* _Try it_
The expected output is every entry, repeated word for word.

Stored data entries

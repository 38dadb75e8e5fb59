-- ===== src/Node/Start/Begun.antt =====
-- That the limiter is in step with the users from Start on.
use ccaa.Base.{
  ℕ, ℤ, String, nat_eq, string_eq, int_eq, true, ◌≡◌, ◌⊎◌, inl, inr, refl, ap, subst, ◌∙◌, List, [],
  ◌∷◌, Option, none, some, Assoc, ◌==◌, is_some, Option-cases, Bool-cases, Sum-cases, ◌&&◌,
}
use ccaa.Panel.User.{UserInfo}
use ccaa.Panel.Node.{NodeInfo}
use ccaa.Task.{start, new_task}
use ccaa.Core.Interface.{Core, Error}
use ccaa.Node.Controller.{Controller, returns}
use ccaa.Node.Monitor.{Answers, tls, or_old, set_rules, serve_users, node_info_monitor}
use ccaa.Node.Monitor.Keeps.{set_rules-IsSame}
use ccaa.Node.Monitor.InStep.{IsList, InStep, InStep-IsSame}
use ccaa.Node.Monitor.InStep.Rounds.{AnswersOk, node_info_monitor-InStep}
use ccaa.Node.Start.{
  Started, fails, starts, breaks, start_tasks, make_limiter, serve_node, set_up, with_users,
  start_controller, speed_checker,
}
use ccaa.Node.Start.Limits.{make_limiter-InStep, limit_speeds-InStep}

-- What holds of a controller that Start has begun.
abbrev pub HasBegun : {S X B R : Type 0} → ℕ → NodeInfo → Controller S X B R → Type 0
HasBegun n info c =
    InStep n c
    × (c.node_info_monitor_periodic.running ≡ true)
    × (c.user_report_periodic.running ≡ true)
    × (c.info ≡ info)

abbrev BeginsWell : {S X B R : Type 0} → ℕ → NodeInfo → Started (Controller S X B R) → Type 0
BeginsWell n info (fails c) = Unit
BeginsWell n info (starts c) = HasBegun n info c
BeginsWell n info breaks = Unit

answered-IsList :
    (n : ℕ) (users : Option (List UserInfo))
    → ((us : List UserInfo) → users ≡ some us → IsList n us)
    → IsList n (or_old [] users)
answered-IsList n none ok = (tt, tt)
answered-IsList n (some us) ok = ok us refl

module _ {S X B R : Type 0} (core : Core S R) where
  serve_node-BeginsWell :
      (n : ℕ) (info : NodeInfo) (c : Controller S X B R)
      → InStep n c
      → BeginsWell n info (serve_node core info c)
  unfolding serve_node start_tasks start new_task
  serve_node-BeginsWell n info c s =
      let (s', e) = core.add_node c.tag info c.config.options c.server in
      let (d, f) = serve_users core info c.user_list (record c { server = s' }) in
      elim (Option-cases e) [
        | inr (text, p) ↦ rw (p, serve_node) tt
        | inl p ↦ elim (Option-cases f) [
          | inr (text, q) ↦ rw (p, serve_node) (rw q tt)
          | inl q ↦
              rw (p, serve_node)
                (rw q (
                  InStep-IsSame n c (start_tasks info (record d { info = info })) s
                      (refl, refl, refl, refl),
                  refl,
                  refl,
                  refl,
                ))
        ]
      ]

  set_up-BeginsWell :
      (n : ℕ) (compile : String → Option X) (cert : Error) (info : NodeInfo) (us : List UserInfo)
      (alive : Option (Assoc ℤ ℤ)) (c : Controller S X B R)
      → IsList n us
      → BeginsWell n info (set_up core compile cert info us alive c)
  unfolding set_up
  set_up-BeginsWell n compile cert info us alive c listed =
      let m = make_limiter info us alive c in
      let made = make_limiter-InStep n info us alive c listed in
      elim (Option-cases (set_rules compile info m)) [
        | inl p ↦ rw (p, set_up) tt
        | inr (d, p) ↦ elim (Bool-cases (info.security == tls && is_some cert)) [
          | inl q ↦ rw (p, set_up) (rw q tt)
          | inr q ↦
              rw (p, set_up)
                (rw q (
                  serve_node-BeginsWell n info d
                    (InStep-IsSame n m d made (set_rules-IsSame compile info m d p))))
        ]
      ]

  -- Of Start, where the panel's list is one of users.
  abbrev StartsWell : ℕ → Started (Controller S X B R) → Type 0
  StartsWell n (fails c) = Unit
  StartsWell n (starts c) = (info : NodeInfo) × HasBegun n info c
  StartsWell n breaks = Unit

  BeginsWell-StartsWell :
      (n : ℕ) (info : NodeInfo) (r : Started (Controller S X B R))
      → BeginsWell n info r
      → StartsWell n r
  BeginsWell-StartsWell n info (fails c) b = tt
  BeginsWell-StartsWell n info (starts c) b = (info, b)
  BeginsWell-StartsWell n info breaks b = tt

  with_users-StartsWell :
      (n : ℕ) (compile : String → Option X) (cert : Error) (given : Option NodeInfo)
      (us : List UserInfo) (alive : String ⊎ Option (Assoc ℤ ℤ)) (c : Controller S X B R)
      → IsList n us
      → StartsWell n (with_users core compile cert given us alive c)
  with_users-StartsWell n compile cert given [] alive c listed = tt
  with_users-StartsWell n compile cert given (u ∷ us) (inl text) c listed = tt
  with_users-StartsWell n compile cert none (u ∷ us) (inr alive) c listed = tt
  with_users-StartsWell n compile cert (some info) (u ∷ us) (inr alive) c listed =
      BeginsWell-StartsWell n info (set_up core compile cert info (u ∷ us) alive c)
        (set_up-BeginsWell n compile cert info (u ∷ us) alive c listed)

  start-StartsWell :
      (n : ℕ) (compile : String → Option X) (cert : Error) (a : Answers) (c : Controller S X B R)
      → AnswersOk n a
      → StartsWell n (start_controller core compile cert a c)
  unfolding start_controller
  start-StartsWell n compile cert a c ok = elim (Sum-cases a.new_node) [
    | inl (t, p) ↦ rw (p, start_controller) tt
    | inr (given, p) ↦ elim (Sum-cases a.new_users) [
      | inl (t, q) ↦ rw (p, start_controller) (rw q tt)
      | inr (users, q) ↦
          rw (p, start_controller)
            (rw q (
              with_users-StartsWell n compile cert given (or_old [] users) a.new_alive c
                (answered-IsList n users (λ us h. ok us (q ∙ ap inr h)))))
    ]
  ]

  -- What a controller goes through: Start, rounds of the monitor that return, and checks of speeds.
  pub data Life (n : ℕ) (compile : String → Option X) : Controller S X B R → Type 0 where
    begins :
        (cert : Error) (a : Answers) (c d : Controller S X B R)
        → AnswersOk n a
        → start_controller core compile cert a c ≡ starts d
        → Life n compile d
    goes_round :
        (cert : Error) (a : Answers) (c d : Controller S X B R)
        → Life n compile c
        → c.config.name ≡ ""
        → AnswersOk n a
        → node_info_monitor core compile cert a c ≡ returns d
        → Life n compile d
    checks_speed :
        (now : ℤ) (c : Controller S X B R) → Life n compile c → Life n compile (speed_checker now c)

  -- From Start on the limiter is in step with the users. Where the panel's lists have uuids of one
  -- length, none of them twice, and the options give the node no name when the monitor goes round:
  -- after a Start that succeeds, and any rounds of the monitor and checks of the speeds, whatever
  -- errors the panel and the server give, the controller's limiter is there and knows exactly the
  -- users of the controller's list.
  pub Life-InStep :
      (n : ℕ) (compile : String → Option X) (c : Controller S X B R) → Life n compile c → InStep n c
  unfolding speed_checker
  Life-InStep n compile d (begins cert a c _ ok e) =
      (subst (λ x. StartsWell n x) e (start-StartsWell n compile cert a c ok)).1.0
  Life-InStep n compile d (goes_round cert a c _ life e ok r) =
      node_info_monitor-InStep core n compile cert a c d e ok (Life-InStep n compile c life) r
  Life-InStep n compile _ (checks_speed now c life) =
      limit_speeds-InStep n now c.traffic c (Life-InStep n compile c life)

* _Your response_
repository 38dadb75e8e5fb59
-- ===== src/Node/Start/Begun.antt =====
-- That the limiter is in step with the users from Start on.
use ccaa.Base.{
  ℕ, ℤ, String, nat_eq, string_eq, int_eq, true, ◌≡◌, ◌⊎◌, inl, inr, refl, ap, subst, ◌∙◌, List, [],
  ◌∷◌, Option, none, some, Assoc, ◌==◌, is_some, Option-cases, Bool-cases, Sum-cases, ◌&&◌,
}
use ccaa.Panel.User.{UserInfo}
use ccaa.Panel.Node.{NodeInfo}
use ccaa.Task.{start, new_task}
use ccaa.Core.Interface.{Core, Error}
use ccaa.Node.Controller.{Controller, returns}
use ccaa.Node.Monitor.{Answers, tls, or_old, set_rules, serve_users, node_info_monitor}
use ccaa.Node.Monitor.Keeps.{set_rules-IsSame}
use ccaa.Node.Monitor.InStep.{IsList, InStep, InStep-IsSame}
use ccaa.Node.Monitor.InStep.Rounds.{AnswersOk, node_info_monitor-InStep}
use ccaa.Node.Start.{
  Started, fails, starts, breaks, start_tasks, make_limiter, serve_node, set_up, with_users,
  start_controller, speed_checker,
}
use ccaa.Node.Start.Limits.{make_limiter-InStep, limit_speeds-InStep}

-- What holds of a controller that Start has begun.
abbrev pub HasBegun : {S X B R : Type 0} → ℕ → NodeInfo → Controller S X B R → Type 0
HasBegun n info c =
    InStep n c
    × (c.node_info_monitor_periodic.running ≡ true)
    × (c.user_report_periodic.running ≡ true)
    × (c.info ≡ info)

abbrev BeginsWell : {S X B R : Type 0} → ℕ → NodeInfo → Started (Controller S X B R) → Type 0
BeginsWell n info (fails c) = Unit
BeginsWell n info (starts c) = HasBegun n info c
BeginsWell n info breaks = Unit

answered-IsList :
    (n : ℕ) (users : Option (List UserInfo))
    → ((us : List UserInfo) → users ≡ some us → IsList n us)
    → IsList n (or_old [] users)
answered-IsList n none ok = (tt, tt)
answered-IsList n (some us) ok = ok us refl

module _ {S X B R : Type 0} (core : Core S R) where
  serve_node-BeginsWell :
      (n : ℕ) (info : NodeInfo) (c : Controller S X B R)
      → InStep n c
      → BeginsWell n info (serve_node core info c)
  unfolding serve_node start_tasks start new_task
  serve_node-BeginsWell n info c s =
      let (s', e) = core.add_node c.tag info c.config.options c.server in
      let (d, f) = serve_users core info c.user_list (record c { server = s' }) in
      elim (Option-cases e) [
        | inr (text, p) ↦ rw (p, serve_node) tt
        | inl p ↦ elim (Option-cases f) [
          | inr (text, q) ↦ rw (p, serve_node) (rw q tt)
          | inl q ↦
              rw (p, serve_node)
                (rw q (
                  InStep-IsSame n c (start_tasks info (record d { info = info })) s
                      (refl, refl, refl, refl),
                  refl,
                  refl,
                  refl,
                ))
        ]
      ]

  set_up-BeginsWell :
      (n : ℕ) (compile : String → Option X) (cert : Error) (info : NodeInfo) (us : List UserInfo)
      (alive : Option (Assoc ℤ ℤ)) (c : Controller S X B R)
      → IsList n us
      → BeginsWell n info (set_up core compile cert info us alive c)
  unfolding set_up
  set_up-BeginsWell n compile cert info us alive c listed =
      let m = make_limiter info us alive c in
      let made = make_limiter-InStep n info us alive c listed in
      elim (Option-cases (set_rules compile info m)) [
        | inl p ↦ rw (p, set_up) tt
        | inr (d, p) ↦ elim (Bool-cases (info.security == tls && is_some cert)) [
          | inl q ↦ rw (p, set_up) (rw q tt)
          | inr q ↦
              rw (p, set_up)
                (rw q (
                  serve_node-BeginsWell n info d
                    (InStep-IsSame n m d made (set_rules-IsSame compile info m d p))))
        ]
      ]

  -- Of Start, where the panel's list is one of users.
  abbrev StartsWell : ℕ → Started (Controller S X B R) → Type 0
  StartsWell n (fails c) = Unit
  StartsWell n (starts c) = (info : NodeInfo) × HasBegun n info c
  StartsWell n breaks = Unit

  BeginsWell-StartsWell :
      (n : ℕ) (info : NodeInfo) (r : Started (Controller S X B R))
      → BeginsWell n info r
      → StartsWell n r
  BeginsWell-StartsWell n info (fails c) b = tt
  BeginsWell-StartsWell n info (starts c) b = (info, b)
  BeginsWell-StartsWell n info breaks b = tt

  with_users-StartsWell :
      (n : ℕ) (compile : String → Option X) (cert : Error) (given : Option NodeInfo)
      (us : List UserInfo) (alive : String ⊎ Option (Assoc ℤ ℤ)) (c : Controller S X B R)
      → IsList n us
      → StartsWell n (with_users core compile cert given us alive c)
  with_users-StartsWell n compile cert given [] alive c listed = tt
  with_users-StartsWell n compile cert given (u ∷ us) (inl text) c listed = tt
  with_users-StartsWell n compile cert none (u ∷ us) (inr alive) c listed = tt
  with_users-StartsWell n compile cert (some info) (u ∷ us) (inr alive) c listed =
      BeginsWell-StartsWell n info (set_up core compile cert info (u ∷ us) alive c)
        (set_up-BeginsWell n compile cert info (u ∷ us) alive c listed)

  start-StartsWell :
      (n : ℕ) (compile : String → Option X) (cert : Error) (a : Answers) (c : Controller S X B R)
      → AnswersOk n a
      → StartsWell n (start_controller core compile cert a c)
  unfolding start_controller
  start-StartsWell n compile cert a c ok = elim (Sum-cases a.new_node) [
    | inl (t, p) ↦ rw (p, start_controller) tt
    | inr (given, p) ↦ elim (Sum-cases a.new_users) [
      | inl (t, q) ↦ rw (p, start_controller) (rw q tt)
      | inr (users, q) ↦
          rw (p, start_controller)
            (rw q (
              with_users-StartsWell n compile cert given (or_old [] users) a.new_alive c
                (answered-IsList n users (λ us h. ok us (q ∙ ap inr h)))))
    ]
  ]

  -- What a controller goes through: Start, rounds of the monitor that return, and checks of speeds.
  pub data Life (n : ℕ) (compile : String → Option X) : Controller S X B R → Type 0 where
    begins :
        (cert : Error) (a : Answers) (c d : Controller S X B R)
        → AnswersOk n a
        → start_controller core compile cert a c ≡ starts d
        → Life n compile d
    goes_round :
        (cert : Error) (a : Answers) (c d : Controller S X B R)
        → Life n compile c
        → c.config.name ≡ ""
        → AnswersOk n a
        → node_info_monitor core compile cert a c ≡ returns d
        → Life n compile d
    checks_speed :
        (now : ℤ) (c : Controller S X B R) → Life n compile c → Life n compile (speed_checker now c)

  -- From Start on the limiter is in step with the users. Where the panel's lists have uuids of one
  -- length, none of them twice, and the options give the node no name when the monitor goes round:
  -- after a Start that succeeds, and any rounds of the monitor and checks of the speeds, whatever
  -- errors the panel and the server give, the controller's limiter is there and knows exactly the
  -- users of the controller's list.
  pub Life-InStep :
      (n : ℕ) (compile : String → Option X) (c : Controller S X B R) → Life n compile c → InStep n c
  unfolding speed_checker
  Life-InStep n compile d (begins cert a c _ ok e) =
      (subst (λ x. StartsWell n x) e (start-StartsWell n compile cert a c ok)).1.0
  Life-InStep n compile d (goes_round cert a c _ life e ok r) =
      node_info_monitor-InStep core n compile cert a c d e ok (Life-InStep n compile c life) r
  Life-InStep n compile _ (checks_speed now c life) =
      limit_speeds-InStep n now c.traffic c (Life-InStep n compile c life)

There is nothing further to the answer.